When creating a component via TestComponentBuilder the ngOnChanges-Callback is not executed. Having a component like this:

export class TimePickerComponent {

  @Input("time") private timeString = "";

  ngOnInit() {
    console.log("init")
  }
  ngOnChanges(changes) {
    console.log("changes");

    //do some transformation on the timeString- inputbinding
    }
  }
...
}

And creating the component in the test like this:

 it('display passed time in input fields', (done) => {
    tcb
      .createAsync(TimePickerComponent)
      .then(fixture => {
        let timePicker: TimePickerComponent = fixture.componentInstance;
        (<any>timePicker).timeString = "11:20:23";
     //   timePicker.ngOnChanges(null);  ->> needs to be called manually
        fixture.detectChanges();

        let hourInput = fixture.debugElement.query(By.css('#hours > input'));
        expect(hourInput.nativeElement.value).toBe("11");
        done();
      });
  });

the ngOnChanges callback of the component gets never called. (ngOnInit gets called by the way).

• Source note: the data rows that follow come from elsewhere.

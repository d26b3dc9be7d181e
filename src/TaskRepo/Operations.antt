-- ===== src/TaskRepo/Operations.antt =====
-- The operations that take several transactions are histories of them.
use get_magnet.Common.{
  ℕ, ◌≡◌, refl, Bool, none, some, List, [], ◌∷◌, ltb, first, select, inl, inr, ◌⊎◌, Bool-cases,
  Option-cases, Ensures, Ensures->>=, succeeds, of_Ensures, Ensures-map, Result,
}
use get_magnet.CrawlPolicy.{Urls}
use get_magnet.Table.Rows.{CrawlTask, WorkflowRun}
use get_magnet.TaskRepo.Budgets.{expire_commit, expire_budget_run, expire_rows}
use get_magnet.TaskRepo.Cancel.{cancel_task}
use get_magnet.TaskRepo.Finish.{complete_status, Ending, fail, Cause}
use get_magnet.TaskRepo.Outcome.{is_live_in}
use get_magnet.TaskRepo.Recovery.{
  lease_expired, recover_expired_task, recover_one, recover_all, expire_all, expire_budget_runs,
  recover_expired_leases,
}
use get_magnet.TaskRepo.Steps.{
  Reach, here, extend, completes, fails, finishes, cancels_task, recovers, expires, Reach-trans,
}
use get_magnet.TaskRepo.Store.{Db, Error, JsonText, run_is_active}

pub expire_commit-cases :
    (now run_id : ℕ) (db : Db)
    → Ensures
        (λ o. (o ≡ none) ⊎ (o ≡ some (expire_rows now run_id db)))
        (expire_commit now run_id db)
unfolding expire_commit
expire_commit-cases now run_id db = elim (Bool-cases (run_is_active run_id db.runs)) [
  | inr over ↦ rw (over, expire_commit) (succeeds (inl refl))
  | inl active ↦
      rw (active, expire_commit)
        (Ensures->>= λ budget read. elim (Option-cases budget) [
          | inl missing ↦ rw missing (succeeds (inl refl))
          | inr (limits, there) ↦ rw there (elim (Bool-cases (ltb now limits.1)) [
            | inl early ↦ rw early (succeeds (inl refl))
            | inr late ↦ rw late (succeeds (inr refl))
          ])
        ])
]

Ensures-then :
    {urls : Urls} {db db' : Db} {r : Result Error Db}
    → Reach urls db db'
    → Ensures (Reach urls db') r
    → Ensures (Reach urls db) r
Ensures-then p q = Ensures-map (λ db r. Reach-trans p r) q

module _ {urls : Urls} where
  -- Completing an attempt is its transaction and the end of the run.
  pub complete_status-Ensures :
      (early : Db) (now task_id attempt_id : ℕ) (response : JsonText) (ending : Ending) (db : Db)
      → Ensures (Reach urls db) (complete_status early now task_id attempt_id response ending db)
  unfolding complete_status
  complete_status-Ensures early now task_id attempt_id response ending db = Ensures->>= λ db' e.
      succeeds (
        extend (extend here (completes early now task_id attempt_id response ending e))
          (finishes db' now task_id db'))

  pub fail-Ensures :
      (early : Db) (now : ℕ) (random : ℕ → ℕ) (task_id attempt_id : ℕ) (cause : Cause)
      (retryable : Bool) (db : Db)
      → Ensures
          (λ r. Reach urls db r.0)
          (fail early now random task_id attempt_id cause retryable db)
  unfolding fail
  fail-Ensures early now random task_id attempt_id cause retryable db = Ensures->>= λ r e.
      let failed = extend here (fails early now random task_id attempt_id cause retryable e) in
      elim (Bool-cases r.1) [
        | inl again ↦ rw again (succeeds failed)
        | inr over ↦ rw over (succeeds (extend failed (finishes r.0 now task_id r.0)))
      ]

  pub cancel_task-Ensures :
      (early : Db) (now id : ℕ) (db : Db) → Ensures (Reach urls db) (cancel_task early now id db)
  unfolding cancel_task
  cancel_task-Ensures early now id db = Ensures->>= λ db' e.
      succeeds (extend (extend here (cancels_task early now id e)) (finishes db' now id db'))

  pub recover_one-Reach : (now id : ℕ) (db : Db) → Reach urls db (recover_one now id db).0
  unfolding recover_one
  recover_one-Reach now id db = elim (Option-cases (recover_expired_task now id db)) [
    | inl same ↦ rw (same, recover_one) here
    | inr (db', e) ↦
        rw (e, recover_one) (extend (extend here (recovers now id e)) (finishes db' now id db'))
  ]

  recover_all-Reach :
      (now : ℕ) (cs : List CrawlTask) (db : Db) (n : ℕ) → Reach urls db (recover_all now cs db n).0
  unfolding recover_all
  recover_all-Reach now [] db n = here
  recover_all-Reach now (c ∷ cs) db n =
      Reach-trans (recover_one-Reach now c.id db) (recover_all-Reach now cs _ _)

  pub expire_budget_run-Ensures :
      (now run_id : ℕ) (db : Db) → Ensures (Reach urls db) (expire_budget_run now run_id db)
  unfolding expire_budget_run
  expire_budget_run-Ensures now run_id db = Ensures->>= λ expired e.
      elim (of_Ensures (expire_commit-cases now run_id db) e) [
        | inl nothing ↦ rw nothing (succeeds here)
        | inr rows ↦ rw rows (elim (Option-cases (first (is_live_in run_id) db.tasks)) [
          | inl missing ↦ rw missing (succeeds (extend here (expires now run_id db)))
          | inr (t, found) ↦ rw found (
              succeeds (
                extend (extend here (expires now run_id db))
                  (finishes (expire_rows now run_id db) now t.id (expire_rows now run_id db))))
        ])
      ]

  expire_all-Ensures :
      (now : ℕ) (rs : List WorkflowRun) (db : Db) → Ensures (Reach urls db) (expire_all now rs db)
  unfolding expire_all
  expire_all-Ensures now [] db = succeeds here
  expire_all-Ensures now (r ∷ rs) db = Ensures->>= λ db' e.
      Ensures-then (of_Ensures (expire_budget_run-Ensures now r.id db) e)
        (expire_all-Ensures now rs db')

  -- So whatever holds of all histories of transactions holds of a whole recovery.
  pub recover_expired_leases-Ensures :
      (now : ℕ) (db : Db) → Ensures (λ r. Reach urls db r.0) (recover_expired_leases now db)
  unfolding recover_expired_leases expire_budget_runs
  recover_expired_leases-Ensures now db = Ensures->>= λ db' e. succeeds (
      Reach-trans (recover_all-Reach now (select (lease_expired now) db.tasks) db 0)
        (of_Ensures (expire_all-Ensures now _ _) e))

To fix the test it is currently needed to call ngOnChanges manually…

Expected/desired behavior

ngOnChanges should be called while initializing the component

What is the motivation / use case for changing the behavior?

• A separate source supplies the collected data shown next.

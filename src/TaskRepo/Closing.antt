-- ===== src/TaskRepo/Closing.antt =====
-- The operations that end tasks, and the run of such a task (`completeStatus`, `Fail`, `CancelTask`
-- and the turn of `RecoverExpiredLeases` of internal/repo/task_repo/tasks.go, `expireBudgetRun` of
-- budgets.go).
use get_magnet.Common.{ℕ, ◌≡◌, false, not, ◌&&◌, exists}
use get_magnet.TaskRepo.Outcome.{is_live_in}
use get_magnet.TaskRepo.Store.{Db, run_is_active}

-- The run is not active without a task that is queued or running.
abbrev pub IsClosed : ℕ → Db → Type 0
IsClosed run_id db =
    (run_is_active run_id db.runs && not (exists (is_live_in run_id) db.tasks)) ≡ false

Being able to test components that use ngOnChanges callback without having to call the method manually

Please tell us about your environment:

  • Angular version: 2.0.0-rc.4
  • Browser: [all ]
  • Language: [all]

About this issue

  • Original URL
  • State: closed
  • Created 8 years ago
  • Reactions: 35
  • Comments: 23 (4 by maintainers)

Commits related to this issue

Most upvoted comments

It burdensome and arguably impractical to create a dummy parent component just to have it pass a value via Input() to trigger ngOnChanges(). This especially true when unit testing.

Why is it that detectChanges() cannot trigger the ngOnChanges() hook?

I would actually expect that fixture.detectChanges(); will trigger the ngOnChange callback as it anyways synchronises the state between the component and the view…

In any case, this needs to be clarified in the docs as suggested by @StdVectorBool.

this is still an issue in Angular 2.0 Final Release

I understand why the framework specifies the event model for ngOnChanges that way but the behavior from the testing infrastructure is not intuitive. The majority of comments in the thread suggest the natural expectation is that the test code should automatically be executed in an ngZone as if it was application code.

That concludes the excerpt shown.